*Instructions to follow*
Repeat the data that follows, keeping every character intact.
/---
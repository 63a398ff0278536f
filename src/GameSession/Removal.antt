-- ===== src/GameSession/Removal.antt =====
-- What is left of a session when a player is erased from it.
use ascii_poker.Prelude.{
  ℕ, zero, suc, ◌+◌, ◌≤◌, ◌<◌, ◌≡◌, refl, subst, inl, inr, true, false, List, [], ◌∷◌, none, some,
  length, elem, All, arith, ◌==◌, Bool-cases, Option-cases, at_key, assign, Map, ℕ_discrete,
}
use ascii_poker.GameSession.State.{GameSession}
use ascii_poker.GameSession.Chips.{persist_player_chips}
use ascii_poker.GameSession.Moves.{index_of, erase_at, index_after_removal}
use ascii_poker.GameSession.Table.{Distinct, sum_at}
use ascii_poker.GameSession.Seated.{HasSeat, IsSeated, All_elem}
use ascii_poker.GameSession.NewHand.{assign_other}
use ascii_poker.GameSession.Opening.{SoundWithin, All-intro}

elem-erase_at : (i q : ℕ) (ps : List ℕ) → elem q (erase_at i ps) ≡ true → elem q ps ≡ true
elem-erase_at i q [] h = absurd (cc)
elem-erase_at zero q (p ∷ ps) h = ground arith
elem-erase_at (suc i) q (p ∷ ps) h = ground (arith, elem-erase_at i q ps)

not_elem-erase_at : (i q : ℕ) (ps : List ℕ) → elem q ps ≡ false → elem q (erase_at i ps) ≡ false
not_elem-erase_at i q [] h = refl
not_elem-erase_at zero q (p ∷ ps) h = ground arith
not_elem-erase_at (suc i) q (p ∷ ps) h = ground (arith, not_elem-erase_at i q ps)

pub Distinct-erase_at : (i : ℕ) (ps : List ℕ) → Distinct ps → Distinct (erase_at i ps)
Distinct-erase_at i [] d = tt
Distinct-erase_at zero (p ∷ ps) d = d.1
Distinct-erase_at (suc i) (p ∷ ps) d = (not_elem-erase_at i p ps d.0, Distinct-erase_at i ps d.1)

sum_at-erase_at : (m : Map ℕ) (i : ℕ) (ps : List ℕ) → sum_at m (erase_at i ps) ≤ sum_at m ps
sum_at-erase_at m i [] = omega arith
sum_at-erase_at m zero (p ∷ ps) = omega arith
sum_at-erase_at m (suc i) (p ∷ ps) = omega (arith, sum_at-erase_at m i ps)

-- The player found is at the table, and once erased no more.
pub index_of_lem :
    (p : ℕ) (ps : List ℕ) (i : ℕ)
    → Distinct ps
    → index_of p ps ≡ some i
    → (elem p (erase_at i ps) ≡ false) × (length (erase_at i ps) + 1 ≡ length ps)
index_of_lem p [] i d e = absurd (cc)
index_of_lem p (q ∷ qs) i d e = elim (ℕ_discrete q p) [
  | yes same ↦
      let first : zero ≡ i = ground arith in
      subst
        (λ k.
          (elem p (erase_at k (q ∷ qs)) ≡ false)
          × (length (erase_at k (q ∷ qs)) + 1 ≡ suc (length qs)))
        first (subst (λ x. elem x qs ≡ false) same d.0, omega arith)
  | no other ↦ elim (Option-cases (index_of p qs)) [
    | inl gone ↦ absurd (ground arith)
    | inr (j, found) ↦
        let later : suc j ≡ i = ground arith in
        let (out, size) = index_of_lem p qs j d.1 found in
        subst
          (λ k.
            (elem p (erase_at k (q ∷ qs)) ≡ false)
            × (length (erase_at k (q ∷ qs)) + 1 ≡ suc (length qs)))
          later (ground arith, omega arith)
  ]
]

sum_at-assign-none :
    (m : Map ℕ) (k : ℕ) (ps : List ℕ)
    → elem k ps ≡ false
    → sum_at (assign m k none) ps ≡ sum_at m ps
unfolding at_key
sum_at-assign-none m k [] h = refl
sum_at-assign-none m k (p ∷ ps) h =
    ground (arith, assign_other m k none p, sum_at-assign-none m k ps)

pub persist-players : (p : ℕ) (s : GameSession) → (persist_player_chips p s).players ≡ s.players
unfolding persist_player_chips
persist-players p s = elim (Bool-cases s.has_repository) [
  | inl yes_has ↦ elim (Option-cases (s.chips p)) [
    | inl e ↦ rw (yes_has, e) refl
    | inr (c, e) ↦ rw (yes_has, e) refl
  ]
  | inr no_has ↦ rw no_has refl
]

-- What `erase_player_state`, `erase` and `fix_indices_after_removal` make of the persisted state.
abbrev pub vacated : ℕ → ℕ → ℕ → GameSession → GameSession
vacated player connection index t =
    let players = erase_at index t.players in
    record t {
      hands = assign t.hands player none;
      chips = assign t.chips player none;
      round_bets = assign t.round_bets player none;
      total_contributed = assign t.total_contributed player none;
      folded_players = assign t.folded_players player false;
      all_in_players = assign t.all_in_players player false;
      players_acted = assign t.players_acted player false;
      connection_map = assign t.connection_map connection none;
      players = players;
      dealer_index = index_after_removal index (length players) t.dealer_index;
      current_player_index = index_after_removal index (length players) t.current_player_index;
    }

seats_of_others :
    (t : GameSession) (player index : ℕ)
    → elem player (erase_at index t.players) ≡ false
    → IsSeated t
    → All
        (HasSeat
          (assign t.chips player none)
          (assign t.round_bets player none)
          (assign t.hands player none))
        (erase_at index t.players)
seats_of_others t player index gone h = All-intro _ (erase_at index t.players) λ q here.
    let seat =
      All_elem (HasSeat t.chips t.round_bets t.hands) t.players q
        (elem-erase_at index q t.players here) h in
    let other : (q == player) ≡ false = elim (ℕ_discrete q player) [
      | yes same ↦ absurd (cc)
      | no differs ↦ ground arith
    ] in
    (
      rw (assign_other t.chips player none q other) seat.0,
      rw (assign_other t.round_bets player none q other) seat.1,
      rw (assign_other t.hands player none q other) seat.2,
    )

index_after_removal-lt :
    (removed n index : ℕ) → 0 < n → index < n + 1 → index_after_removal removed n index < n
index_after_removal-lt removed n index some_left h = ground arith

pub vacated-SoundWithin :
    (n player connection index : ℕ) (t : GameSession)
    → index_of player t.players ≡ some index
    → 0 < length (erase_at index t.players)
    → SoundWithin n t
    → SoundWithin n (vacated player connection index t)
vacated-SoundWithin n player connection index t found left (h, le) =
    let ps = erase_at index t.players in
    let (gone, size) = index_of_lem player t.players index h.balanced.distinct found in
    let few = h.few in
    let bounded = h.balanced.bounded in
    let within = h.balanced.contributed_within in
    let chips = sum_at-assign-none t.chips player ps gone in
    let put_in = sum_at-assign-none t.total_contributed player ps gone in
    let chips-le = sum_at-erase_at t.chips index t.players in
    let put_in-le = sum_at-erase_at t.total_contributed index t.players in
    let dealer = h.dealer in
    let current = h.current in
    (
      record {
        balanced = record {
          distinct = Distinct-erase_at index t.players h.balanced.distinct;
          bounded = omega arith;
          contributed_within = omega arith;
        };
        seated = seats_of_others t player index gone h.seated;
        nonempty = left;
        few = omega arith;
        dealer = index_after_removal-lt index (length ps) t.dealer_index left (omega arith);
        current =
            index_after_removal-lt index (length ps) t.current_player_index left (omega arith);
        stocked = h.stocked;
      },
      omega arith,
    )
\---
*Solution to this task*
repository 63a398ff0278536f
filename src/GameSession/Removal.antt
-- ===== src/GameSession/Removal.antt =====
-- What is left of a session when a player is erased from it.
use ascii_poker.Prelude.{
  ℕ, zero, suc, ◌+◌, ◌≤◌, ◌<◌, ◌≡◌, refl, subst, inl, inr, true, false, List, [], ◌∷◌, none, some,
  length, elem, All, arith, ◌==◌, Bool-cases, Option-cases, at_key, assign, Map, ℕ_discrete,
}
use ascii_poker.GameSession.State.{GameSession}
use ascii_poker.GameSession.Chips.{persist_player_chips}
use ascii_poker.GameSession.Moves.{index_of, erase_at, index_after_removal}
use ascii_poker.GameSession.Table.{Distinct, sum_at}
use ascii_poker.GameSession.Seated.{HasSeat, IsSeated, All_elem}
use ascii_poker.GameSession.NewHand.{assign_other}
use ascii_poker.GameSession.Opening.{SoundWithin, All-intro}

elem-erase_at : (i q : ℕ) (ps : List ℕ) → elem q (erase_at i ps) ≡ true → elem q ps ≡ true
elem-erase_at i q [] h = absurd (cc)
elem-erase_at zero q (p ∷ ps) h = ground arith
elem-erase_at (suc i) q (p ∷ ps) h = ground (arith, elem-erase_at i q ps)

not_elem-erase_at : (i q : ℕ) (ps : List ℕ) → elem q ps ≡ false → elem q (erase_at i ps) ≡ false
not_elem-erase_at i q [] h = refl
not_elem-erase_at zero q (p ∷ ps) h = ground arith
not_elem-erase_at (suc i) q (p ∷ ps) h = ground (arith, not_elem-erase_at i q ps)

pub Distinct-erase_at : (i : ℕ) (ps : List ℕ) → Distinct ps → Distinct (erase_at i ps)
Distinct-erase_at i [] d = tt
Distinct-erase_at zero (p ∷ ps) d = d.1
Distinct-erase_at (suc i) (p ∷ ps) d = (not_elem-erase_at i p ps d.0, Distinct-erase_at i ps d.1)

sum_at-erase_at : (m : Map ℕ) (i : ℕ) (ps : List ℕ) → sum_at m (erase_at i ps) ≤ sum_at m ps
sum_at-erase_at m i [] = omega arith
sum_at-erase_at m zero (p ∷ ps) = omega arith
sum_at-erase_at m (suc i) (p ∷ ps) = omega (arith, sum_at-erase_at m i ps)

-- The player found is at the table, and once erased no more.
pub index_of_lem :
    (p : ℕ) (ps : List ℕ) (i : ℕ)
    → Distinct ps
    → index_of p ps ≡ some i
    → (elem p (erase_at i ps) ≡ false) × (length (erase_at i ps) + 1 ≡ length ps)
index_of_lem p [] i d e = absurd (cc)
index_of_lem p (q ∷ qs) i d e = elim (ℕ_discrete q p) [
  | yes same ↦
      let first : zero ≡ i = ground arith in
      subst
        (λ k.
          (elem p (erase_at k (q ∷ qs)) ≡ false)
          × (length (erase_at k (q ∷ qs)) + 1 ≡ suc (length qs)))
        first (subst (λ x. elem x qs ≡ false) same d.0, omega arith)
  | no other ↦ elim (Option-cases (index_of p qs)) [
    | inl gone ↦ absurd (ground arith)
    | inr (j, found) ↦
        let later : suc j ≡ i = ground arith in
        let (out, size) = index_of_lem p qs j d.1 found in
        subst
          (λ k.
            (elem p (erase_at k (q ∷ qs)) ≡ false)
            × (length (erase_at k (q ∷ qs)) + 1 ≡ suc (length qs)))
          later (ground arith, omega arith)
  ]
]

sum_at-assign-none :
    (m : Map ℕ) (k : ℕ) (ps : List ℕ)
    → elem k ps ≡ false
    → sum_at (assign m k none) ps ≡ sum_at m ps
unfolding at_key
sum_at-assign-none m k [] h = refl
sum_at-assign-none m k (p ∷ ps) h =
    ground (arith, assign_other m k none p, sum_at-assign-none m k ps)

pub persist-players : (p : ℕ) (s : GameSession) → (persist_player_chips p s).players ≡ s.players
unfolding persist_player_chips
persist-players p s = elim (Bool-cases s.has_repository) [
  | inl yes_has ↦ elim (Option-cases (s.chips p)) [
    | inl e ↦ rw (yes_has, e) refl
    | inr (c, e) ↦ rw (yes_has, e) refl
  ]
  | inr no_has ↦ rw no_has refl
]

-- What `erase_player_state`, `erase` and `fix_indices_after_removal` make of the persisted state.
abbrev pub vacated : ℕ → ℕ → ℕ → GameSession → GameSession
vacated player connection index t =
    let players = erase_at index t.players in
    record t {
      hands = assign t.hands player none;
      chips = assign t.chips player none;
      round_bets = assign t.round_bets player none;
      total_contributed = assign t.total_contributed player none;
      folded_players = assign t.folded_players player false;
      all_in_players = assign t.all_in_players player false;
      players_acted = assign t.players_acted player false;
      connection_map = assign t.connection_map connection none;
      players = players;
      dealer_index = index_after_removal index (length players) t.dealer_index;
      current_player_index = index_after_removal index (length players) t.current_player_index;
    }

seats_of_others :
    (t : GameSession) (player index : ℕ)
    → elem player (erase_at index t.players) ≡ false
    → IsSeated t
    → All
        (HasSeat
          (assign t.chips player none)
          (assign t.round_bets player none)
          (assign t.hands player none))
        (erase_at index t.players)
seats_of_others t player index gone h = All-intro _ (erase_at index t.players) λ q here.
    let seat =
      All_elem (HasSeat t.chips t.round_bets t.hands) t.players q
        (elem-erase_at index q t.players here) h in
    let other : (q == player) ≡ false = elim (ℕ_discrete q player) [
      | yes same ↦ absurd (cc)
      | no differs ↦ ground arith
    ] in
    (
      rw (assign_other t.chips player none q other) seat.0,
      rw (assign_other t.round_bets player none q other) seat.1,
      rw (assign_other t.hands player none q other) seat.2,
    )

index_after_removal-lt :
    (removed n index : ℕ) → 0 < n → index < n + 1 → index_after_removal removed n index < n
index_after_removal-lt removed n index some_left h = ground arith

pub vacated-SoundWithin :
    (n player connection index : ℕ) (t : GameSession)
    → index_of player t.players ≡ some index
    → 0 < length (erase_at index t.players)
    → SoundWithin n t
    → SoundWithin n (vacated player connection index t)
vacated-SoundWithin n player connection index t found left (h, le) =
    let ps = erase_at index t.players in
    let (gone, size) = index_of_lem player t.players index h.balanced.distinct found in
    let few = h.few in
    let bounded = h.balanced.bounded in
    let within = h.balanced.contributed_within in
    let chips = sum_at-assign-none t.chips player ps gone in
    let put_in = sum_at-assign-none t.total_contributed player ps gone in
    let chips-le = sum_at-erase_at t.chips index t.players in
    let put_in-le = sum_at-erase_at t.total_contributed index t.players in
    let dealer = h.dealer in
    let current = h.current in
    (
      record {
        balanced = record {
          distinct = Distinct-erase_at index t.players h.balanced.distinct;
          bounded = omega arith;
          contributed_within = omega arith;
        };
        seated = seats_of_others t player index gone h.seated;
        nonempty = left;
        few = omega arith;
        dealer = index_after_removal-lt index (length ps) t.dealer_index left (omega arith);
        current =
            index_after_removal-lt index (length ps) t.current_player_index left (omega arith);
        stocked = h.stocked;
      },
      omega arith,
    )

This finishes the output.